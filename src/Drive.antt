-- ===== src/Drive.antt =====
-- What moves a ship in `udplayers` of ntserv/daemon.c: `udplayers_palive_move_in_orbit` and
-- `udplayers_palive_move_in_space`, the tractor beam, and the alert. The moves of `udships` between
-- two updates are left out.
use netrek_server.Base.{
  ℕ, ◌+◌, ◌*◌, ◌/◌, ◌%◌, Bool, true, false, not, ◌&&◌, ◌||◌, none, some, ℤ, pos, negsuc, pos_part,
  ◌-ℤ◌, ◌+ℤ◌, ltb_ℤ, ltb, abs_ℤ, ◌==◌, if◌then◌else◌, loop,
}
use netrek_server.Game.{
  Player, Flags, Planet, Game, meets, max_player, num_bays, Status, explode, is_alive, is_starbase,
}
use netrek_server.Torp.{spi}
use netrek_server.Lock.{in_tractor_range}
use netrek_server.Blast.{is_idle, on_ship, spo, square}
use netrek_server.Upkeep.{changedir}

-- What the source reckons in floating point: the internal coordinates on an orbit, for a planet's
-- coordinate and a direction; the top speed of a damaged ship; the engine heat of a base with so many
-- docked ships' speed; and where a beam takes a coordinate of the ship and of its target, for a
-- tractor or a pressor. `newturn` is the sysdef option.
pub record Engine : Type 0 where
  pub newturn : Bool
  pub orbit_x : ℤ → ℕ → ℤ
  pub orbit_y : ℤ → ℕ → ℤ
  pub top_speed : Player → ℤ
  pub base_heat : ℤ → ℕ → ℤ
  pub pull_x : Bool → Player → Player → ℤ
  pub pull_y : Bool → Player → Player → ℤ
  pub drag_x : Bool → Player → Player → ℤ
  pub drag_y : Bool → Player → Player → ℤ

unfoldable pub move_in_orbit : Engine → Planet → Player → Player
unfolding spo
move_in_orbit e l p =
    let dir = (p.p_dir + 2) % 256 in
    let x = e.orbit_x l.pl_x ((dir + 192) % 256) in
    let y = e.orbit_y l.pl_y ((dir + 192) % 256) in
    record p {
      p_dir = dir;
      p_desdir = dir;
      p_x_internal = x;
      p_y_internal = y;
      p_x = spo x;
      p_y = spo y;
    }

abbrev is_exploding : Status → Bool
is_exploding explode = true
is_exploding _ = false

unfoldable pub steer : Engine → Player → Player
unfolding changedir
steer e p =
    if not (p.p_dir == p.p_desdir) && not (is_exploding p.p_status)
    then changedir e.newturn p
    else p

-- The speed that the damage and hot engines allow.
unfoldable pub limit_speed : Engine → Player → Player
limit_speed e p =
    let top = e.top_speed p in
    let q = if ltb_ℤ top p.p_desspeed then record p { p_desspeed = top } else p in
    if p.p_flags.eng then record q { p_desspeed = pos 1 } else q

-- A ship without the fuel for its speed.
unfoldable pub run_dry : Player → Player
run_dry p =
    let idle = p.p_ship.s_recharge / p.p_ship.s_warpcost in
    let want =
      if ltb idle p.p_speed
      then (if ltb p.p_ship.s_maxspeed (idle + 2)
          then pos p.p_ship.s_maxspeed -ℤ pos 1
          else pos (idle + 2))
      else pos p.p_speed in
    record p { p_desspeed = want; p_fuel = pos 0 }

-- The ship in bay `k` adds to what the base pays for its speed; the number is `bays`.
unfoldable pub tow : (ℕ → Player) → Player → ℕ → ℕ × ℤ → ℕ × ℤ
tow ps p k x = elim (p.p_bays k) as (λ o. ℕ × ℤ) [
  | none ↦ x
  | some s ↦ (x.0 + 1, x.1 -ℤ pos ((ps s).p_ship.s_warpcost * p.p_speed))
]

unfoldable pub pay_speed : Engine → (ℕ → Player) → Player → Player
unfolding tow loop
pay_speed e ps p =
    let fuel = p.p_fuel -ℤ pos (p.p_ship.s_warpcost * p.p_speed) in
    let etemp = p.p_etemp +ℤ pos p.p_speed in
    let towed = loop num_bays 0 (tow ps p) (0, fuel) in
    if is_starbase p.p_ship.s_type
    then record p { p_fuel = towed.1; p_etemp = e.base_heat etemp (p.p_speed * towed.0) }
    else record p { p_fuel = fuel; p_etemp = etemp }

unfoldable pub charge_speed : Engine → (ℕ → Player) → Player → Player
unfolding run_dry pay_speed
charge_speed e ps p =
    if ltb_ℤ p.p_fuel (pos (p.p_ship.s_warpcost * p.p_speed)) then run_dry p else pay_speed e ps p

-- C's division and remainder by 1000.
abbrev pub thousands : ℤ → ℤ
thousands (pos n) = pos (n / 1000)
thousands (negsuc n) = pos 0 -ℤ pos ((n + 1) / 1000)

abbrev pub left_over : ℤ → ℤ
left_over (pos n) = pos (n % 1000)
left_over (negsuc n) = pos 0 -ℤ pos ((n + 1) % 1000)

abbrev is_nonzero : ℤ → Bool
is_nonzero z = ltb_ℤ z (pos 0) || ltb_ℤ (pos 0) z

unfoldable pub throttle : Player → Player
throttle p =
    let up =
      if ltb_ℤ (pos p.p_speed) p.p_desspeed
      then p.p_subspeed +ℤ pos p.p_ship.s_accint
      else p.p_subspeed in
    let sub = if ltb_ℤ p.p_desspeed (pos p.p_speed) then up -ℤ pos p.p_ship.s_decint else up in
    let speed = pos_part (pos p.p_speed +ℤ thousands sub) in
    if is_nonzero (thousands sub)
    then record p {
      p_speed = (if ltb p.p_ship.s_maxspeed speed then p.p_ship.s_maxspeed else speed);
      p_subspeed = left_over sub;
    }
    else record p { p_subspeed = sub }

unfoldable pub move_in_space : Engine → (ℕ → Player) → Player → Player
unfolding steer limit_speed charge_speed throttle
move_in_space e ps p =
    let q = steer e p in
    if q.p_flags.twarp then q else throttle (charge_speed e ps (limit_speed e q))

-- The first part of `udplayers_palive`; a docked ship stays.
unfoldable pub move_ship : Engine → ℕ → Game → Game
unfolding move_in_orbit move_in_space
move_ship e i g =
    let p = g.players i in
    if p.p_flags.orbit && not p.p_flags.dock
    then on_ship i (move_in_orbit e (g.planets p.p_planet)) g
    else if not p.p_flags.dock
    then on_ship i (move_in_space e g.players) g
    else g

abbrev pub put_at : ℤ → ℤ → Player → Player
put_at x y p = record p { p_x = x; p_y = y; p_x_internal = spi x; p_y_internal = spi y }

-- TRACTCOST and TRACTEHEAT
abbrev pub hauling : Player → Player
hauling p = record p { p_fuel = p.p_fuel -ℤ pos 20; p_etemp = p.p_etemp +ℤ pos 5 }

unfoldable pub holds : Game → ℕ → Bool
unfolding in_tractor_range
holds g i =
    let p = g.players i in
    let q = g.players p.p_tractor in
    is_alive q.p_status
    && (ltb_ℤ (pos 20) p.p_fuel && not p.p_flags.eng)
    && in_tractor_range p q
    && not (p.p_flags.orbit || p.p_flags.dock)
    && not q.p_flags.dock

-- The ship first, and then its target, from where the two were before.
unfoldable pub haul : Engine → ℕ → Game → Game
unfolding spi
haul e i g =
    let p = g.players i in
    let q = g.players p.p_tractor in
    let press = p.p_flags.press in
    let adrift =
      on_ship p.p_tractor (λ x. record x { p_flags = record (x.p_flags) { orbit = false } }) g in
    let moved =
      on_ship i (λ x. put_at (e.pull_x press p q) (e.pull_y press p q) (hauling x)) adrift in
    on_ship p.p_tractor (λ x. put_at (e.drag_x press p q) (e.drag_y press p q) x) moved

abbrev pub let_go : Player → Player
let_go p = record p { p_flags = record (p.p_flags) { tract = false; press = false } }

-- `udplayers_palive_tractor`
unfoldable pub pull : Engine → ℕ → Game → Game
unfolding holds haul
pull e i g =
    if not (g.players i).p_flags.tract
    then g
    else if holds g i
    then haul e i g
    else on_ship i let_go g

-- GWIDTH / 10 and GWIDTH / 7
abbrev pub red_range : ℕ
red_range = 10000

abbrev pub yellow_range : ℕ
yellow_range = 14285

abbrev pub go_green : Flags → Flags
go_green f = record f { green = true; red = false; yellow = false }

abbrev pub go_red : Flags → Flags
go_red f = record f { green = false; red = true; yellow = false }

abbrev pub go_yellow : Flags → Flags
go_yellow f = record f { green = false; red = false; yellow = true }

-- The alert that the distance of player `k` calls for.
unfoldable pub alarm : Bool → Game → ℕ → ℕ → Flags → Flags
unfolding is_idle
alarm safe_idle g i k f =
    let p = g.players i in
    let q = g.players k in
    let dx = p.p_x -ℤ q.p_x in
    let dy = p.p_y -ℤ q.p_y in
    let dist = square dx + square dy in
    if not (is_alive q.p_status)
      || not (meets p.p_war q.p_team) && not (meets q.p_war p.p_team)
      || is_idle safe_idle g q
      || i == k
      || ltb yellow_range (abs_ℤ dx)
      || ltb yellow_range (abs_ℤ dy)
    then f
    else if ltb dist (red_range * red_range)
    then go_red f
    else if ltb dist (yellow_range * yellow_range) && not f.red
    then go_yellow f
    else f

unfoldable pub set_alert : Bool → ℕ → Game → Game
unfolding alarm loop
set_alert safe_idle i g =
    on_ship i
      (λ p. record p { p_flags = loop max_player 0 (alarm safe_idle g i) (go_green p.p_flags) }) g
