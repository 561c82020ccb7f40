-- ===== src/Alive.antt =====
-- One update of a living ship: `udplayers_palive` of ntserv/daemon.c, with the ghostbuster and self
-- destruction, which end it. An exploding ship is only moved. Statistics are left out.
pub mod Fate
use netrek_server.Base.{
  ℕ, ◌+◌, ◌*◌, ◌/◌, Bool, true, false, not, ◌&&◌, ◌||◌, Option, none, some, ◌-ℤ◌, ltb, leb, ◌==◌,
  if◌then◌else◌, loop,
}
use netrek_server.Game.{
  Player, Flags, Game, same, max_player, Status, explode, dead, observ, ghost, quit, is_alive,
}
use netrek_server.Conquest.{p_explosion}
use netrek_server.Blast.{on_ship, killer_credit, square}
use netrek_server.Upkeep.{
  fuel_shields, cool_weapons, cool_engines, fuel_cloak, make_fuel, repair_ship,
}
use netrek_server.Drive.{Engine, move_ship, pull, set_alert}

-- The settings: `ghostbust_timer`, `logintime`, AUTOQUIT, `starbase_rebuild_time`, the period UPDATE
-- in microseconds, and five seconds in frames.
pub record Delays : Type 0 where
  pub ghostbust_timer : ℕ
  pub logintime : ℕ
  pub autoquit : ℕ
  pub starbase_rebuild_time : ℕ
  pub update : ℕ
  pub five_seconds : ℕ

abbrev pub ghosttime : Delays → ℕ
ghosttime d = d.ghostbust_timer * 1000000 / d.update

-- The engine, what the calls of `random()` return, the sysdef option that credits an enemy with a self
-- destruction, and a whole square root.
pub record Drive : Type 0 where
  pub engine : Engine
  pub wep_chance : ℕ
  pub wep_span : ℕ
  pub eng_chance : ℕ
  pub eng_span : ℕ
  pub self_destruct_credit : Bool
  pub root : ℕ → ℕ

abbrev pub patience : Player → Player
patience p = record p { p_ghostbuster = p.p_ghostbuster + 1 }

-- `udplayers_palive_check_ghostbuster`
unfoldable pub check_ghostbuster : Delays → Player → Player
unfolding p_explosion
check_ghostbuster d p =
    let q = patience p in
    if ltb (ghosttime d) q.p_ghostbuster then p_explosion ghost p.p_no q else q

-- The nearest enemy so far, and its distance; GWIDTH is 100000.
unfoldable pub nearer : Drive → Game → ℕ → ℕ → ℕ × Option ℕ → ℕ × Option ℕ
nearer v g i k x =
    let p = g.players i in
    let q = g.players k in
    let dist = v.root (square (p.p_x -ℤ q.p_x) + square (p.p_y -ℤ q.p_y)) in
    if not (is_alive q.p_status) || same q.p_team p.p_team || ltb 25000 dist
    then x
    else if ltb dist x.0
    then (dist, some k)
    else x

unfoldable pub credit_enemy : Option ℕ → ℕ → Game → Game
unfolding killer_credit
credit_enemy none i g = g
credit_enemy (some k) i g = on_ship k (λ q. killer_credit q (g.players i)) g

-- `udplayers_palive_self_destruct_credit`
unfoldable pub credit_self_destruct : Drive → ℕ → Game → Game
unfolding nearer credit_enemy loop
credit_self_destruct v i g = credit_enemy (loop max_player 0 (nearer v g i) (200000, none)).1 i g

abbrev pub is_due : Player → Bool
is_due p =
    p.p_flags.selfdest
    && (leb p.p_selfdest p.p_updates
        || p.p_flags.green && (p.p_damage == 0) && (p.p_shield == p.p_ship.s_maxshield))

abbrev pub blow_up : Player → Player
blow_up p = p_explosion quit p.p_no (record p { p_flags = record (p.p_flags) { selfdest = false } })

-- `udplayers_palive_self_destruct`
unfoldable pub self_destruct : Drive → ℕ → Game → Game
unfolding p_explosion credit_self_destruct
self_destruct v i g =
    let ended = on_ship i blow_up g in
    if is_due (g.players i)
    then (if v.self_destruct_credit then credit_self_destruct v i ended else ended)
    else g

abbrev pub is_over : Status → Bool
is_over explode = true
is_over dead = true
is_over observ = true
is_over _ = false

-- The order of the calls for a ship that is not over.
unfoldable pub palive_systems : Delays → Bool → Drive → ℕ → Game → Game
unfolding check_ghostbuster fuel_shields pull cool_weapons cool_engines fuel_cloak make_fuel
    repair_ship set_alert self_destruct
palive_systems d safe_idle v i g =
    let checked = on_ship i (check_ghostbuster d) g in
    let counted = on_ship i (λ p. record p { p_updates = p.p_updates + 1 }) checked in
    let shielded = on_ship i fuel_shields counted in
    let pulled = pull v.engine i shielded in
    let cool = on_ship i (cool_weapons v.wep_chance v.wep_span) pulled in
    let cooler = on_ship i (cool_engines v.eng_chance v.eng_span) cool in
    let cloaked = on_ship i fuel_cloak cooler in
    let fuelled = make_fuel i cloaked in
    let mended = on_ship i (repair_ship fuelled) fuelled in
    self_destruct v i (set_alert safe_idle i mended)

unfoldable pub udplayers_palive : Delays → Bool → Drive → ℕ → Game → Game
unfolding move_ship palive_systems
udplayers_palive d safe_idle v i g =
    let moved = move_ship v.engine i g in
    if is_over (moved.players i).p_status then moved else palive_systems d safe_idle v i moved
^^^^
From the line that contains "let cooler = on_ship" to the last line of the data, write out each line exactly and add nothing.

    let cooler = on_ship i (cool_engines v.eng_chance v.eng_span) cool in
    let cloaked = on_ship i fuel_cloak cooler in
    let fuelled = make_fuel i cloaked in
    let mended = on_ship i (repair_ship fuelled) fuelled in
    self_destruct v i (set_alert safe_idle i mended)

unfoldable pub udplayers_palive : Delays → Bool → Drive → ℕ → Game → Game
unfolding move_ship palive_systems
udplayers_palive d safe_idle v i g =
    let moved = move_ship v.engine i g in
    if is_over (moved.players i).p_status then moved else palive_systems d safe_idle v i moved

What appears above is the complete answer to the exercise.